## What is being asked:
Count the lines in the records that hold the string "LocalBuffer". Only the number should be given.

(Collected data)
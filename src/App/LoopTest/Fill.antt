-- ===== src/App/LoopTest/Fill.antt =====
-- What a round of main_txrx_test stores in its buffer, userspace/test_app/src/tc_test.c.
use streamio.Common.{
  ℕ, zero, suc, ◌+◌, ◌*◌, ◌%◌, ◌^◌, ◌<◌, ◌≤◌, ◌≡◌, refl, sym, ap, ◌∙◌, some, List, [], ◌∷◌, ◌++◌,
  append_assoc, length, length-append, length-replicate, replicate, get_elem?, take, take-append,
  drop, arith,
}
use streamio.Dma.{ChannelBuffer, Channel, buffer_size, buffer_count}
use streamio.Dma.Contents.{contents}
use streamio.Local.{LocalBuffer}
use streamio.Local.Ring.{RingIsValid}
use streamio.Remote.Deliver.{put_bytes}
use streamio.Remote.Deliver.Calls.{put, put_at, put_bytes-put}
use streamio.App.{header_bytes, word_bytes}
use streamio.App.Transmit.{packet_bytes, length-word_bytes, length-header_bytes}
use streamio.App.LoopTest.{loop_size, loop_header, loop_words, stale_bytes}
use streamio.App.LoopTest.Stale.{
  AllRoom, SameBut, stale_bytes-header, put_at-SameBut, AllRoom-SameBut,
}

-- Words that go up by one, in 32 bits.
pub ascending : ℕ → ℕ → List ℕ
ascending zero k = []
ascending (suc n) k = k % 2 ^ 32 ∷ ascending n (k + 1)

loop_words-ascending :
    (n i start j : ℕ) → loop_words n i start j ≡ ascending n (start + i + j * loop_size)
unfolding loop_words ascending
loop_words-ascending zero i start j = refl
loop_words-ascending (suc n) i start j =
    let next : start + (i + 1) + j * loop_size ≡ start + i + j * loop_size + 1 = omega arith in
    ap (◌∷◌ ((start + i + j * loop_size) % 2 ^ 32))
      (loop_words-ascending n (i + 1) start j ∙ ap (ascending n) next)

length-loop_words : (n i start j : ℕ) → length (loop_words n i start j) ≡ n
unfolding loop_words ascending
length-loop_words zero i start j = refl
length-loop_words (suc n) i start j = ap suc (length-loop_words n (i + 1) start j)

-- The packet of round `j`: its words go on where those of the last round end.
abbrev pub loop_packet : ℕ → ℕ → List ℕ
loop_packet start j =
    header_bytes (loop_header start j) ++ word_bytes (ascending loop_size (start + j * loop_size))

stored-loop_packet :
    (start j : ℕ)
    → header_bytes (loop_header start j) ++ word_bytes (loop_words loop_size 0 start j)
      ≡ loop_packet start j
stored-loop_packet start j =
    let first : start + 0 + j * loop_size ≡ start + j * loop_size = omega arith in
    ap (λ ws. header_bytes (loop_header start j) ++ word_bytes ws)
      (loop_words-ascending loop_size 0 start j ∙ ap (ascending loop_size) first)

length-loop_packet : (start j : ℕ) → length (loop_packet start j) ≡ packet_bytes loop_size
length-loop_packet start j =
    let h = header_bytes (loop_header start j) in
    let ws = loop_words loop_size 0 start j in
    ap length (sym (stored-loop_packet start j))
    ∙ omega (
      arith,
      length-append h (word_bytes ws),
      length-header_bytes (loop_header start j),
      length-word_bytes ws,
      length-loop_words loop_size 0 start j,
    )

-- The filled buffer, with the header and then the words stored in it.
pub record Filled (start j : ℕ) (i : ℕ) (l : LocalBuffer) (c3 : Channel) : Type 0 where
  pub valid : RingIsValid (record l { channel = c3 })
  pub issued : c3.issued ≡ l.channel.issued
  pub base : c3.buffer_phys_addr ≡ l.channel.buffer_phys_addr
  pub buffer : ChannelBuffer
  pub rest : List ℕ
  pub found : get_elem? c3.buffer_table i ≡ some buffer
  pub packet : buffer.buffer ≡ loop_packet start j ++ rest
  pub same : SameBut i l.channel c3

pub fill_buffer :
    (start j i : ℕ) (l : LocalBuffer) (b : ChannelBuffer)
    → RingIsValid l
    → i < buffer_count
    → get_elem? l.channel.buffer_table i ≡ some b
    → stale_bytes b.buffer ≤ buffer_size
    → (c1 : Channel) × (c2 : Channel) × (c3 : Channel) × (put_bytes i 0
          (replicate (stale_bytes b.buffer) 255)
          l.channel
        ≡ some c1)
      × (put_bytes i 0 (header_bytes (loop_header start j)) c1 ≡ some c2)
      × (put_bytes i 12 (word_bytes (loop_words loop_size 0 start j)) c2 ≡ some c3)
      × Filled start j i l c3
fill_buffer start j i l b v lt e fit =
    let ones : List ℕ = replicate (stale_bytes b.buffer) 255 in
    let head = header_bytes (loop_header start j) in
    let body = word_bytes (loop_words loop_size 0 start j) in
    let twelve : length head ≡ 12 = length-header_bytes (loop_header start j) in
    let (e1, v1, f1) =
      put_bytes-put i 0 ones b l v lt e
        (omega (arith, fit, length-replicate {A = ℕ} (stale_bytes b.buffer) 255)) in
    let c1 = put_at i 0 ones b l.channel in
    let b1 = put 0 ones b in
    let (e2, v2, f2) =
      put_bytes-put i 0 head b1 (record l { channel = c1 }) v1 lt f1 (omega (arith, twelve)) in
    let c2 = put_at i 0 head b1 c1 in
    let b2 = put 0 head b1 in
    let (e3, v3, f3) =
      put_bytes-put i 12 body b2 (record l { channel = c2 }) v2 lt f2
        (omega (
          arith,
          length-word_bytes (loop_words loop_size 0 start j),
          length-loop_words loop_size 0 start j,
        )) in
    let rest = drop (12 + length body) b2.buffer in
    let front : take 12 b2.buffer ≡ head =
      ap (λ n. take n b2.buffer) (sym twelve)
      ∙ take-append head (drop (0 + length head) b1.buffer) in
    (
      c1,
      c2,
      put_at i 12 body b2 c2,
      e1,
      e2,
      e3,
      record {
        valid = v3;
        issued = refl;
        base = refl;
        buffer = put 12 body b2;
        rest = rest;
        found = f3;
        packet =
            ap (λ x. x ++ (body ++ rest)) front
            ∙ sym (append_assoc head body rest)
            ∙ ap (λ x. x ++ rest) (stored-loop_packet start j);
        same = λ k ne.
            put_at-SameBut i 12 body b2 c2 k ne
            ∙ put_at-SameBut i 0 head b1 c1 k ne
            ∙ put_at-SameBut i 0 ones b l.channel k ne;
      },
    )

pub fill_buffer-memory :
    (start j i : ℕ) (l : LocalBuffer) (c : Channel) (f : Filled start j i l c)
    → take (packet_bytes loop_size) f.buffer.buffer ≡ loop_packet start j
fill_buffer-memory start j i l c f =
    ap (take (packet_bytes loop_size)) f.packet
    ∙ ap (λ n. take n (loop_packet start j ++ f.rest)) (sym (length-loop_packet start j))
    ∙ take-append (loop_packet start j) f.rest

-- A buffer that holds the round's packet has room for the next.
pub Filled-AllRoom :
    (start j i : ℕ) (l : LocalBuffer) (c : Channel)
    → Filled start j i l c
    → AllRoom (contents l.channel)
    → AllRoom (contents c)
Filled-AllRoom start j i l c f room =
    let body = word_bytes (ascending loop_size (start + j * loop_size)) in
    let eq : header_bytes (loop_header start j) ++ (body ++ f.rest) ≡ f.buffer.buffer =
      sym (append_assoc (header_bytes (loop_header start j)) body f.rest) ∙ sym f.packet in
    AllRoom-SameBut i f.buffer l.channel c room f.same f.found
      (rw (← eq) (stale_bytes-header start j (body ++ f.rest)))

## The completed task:
5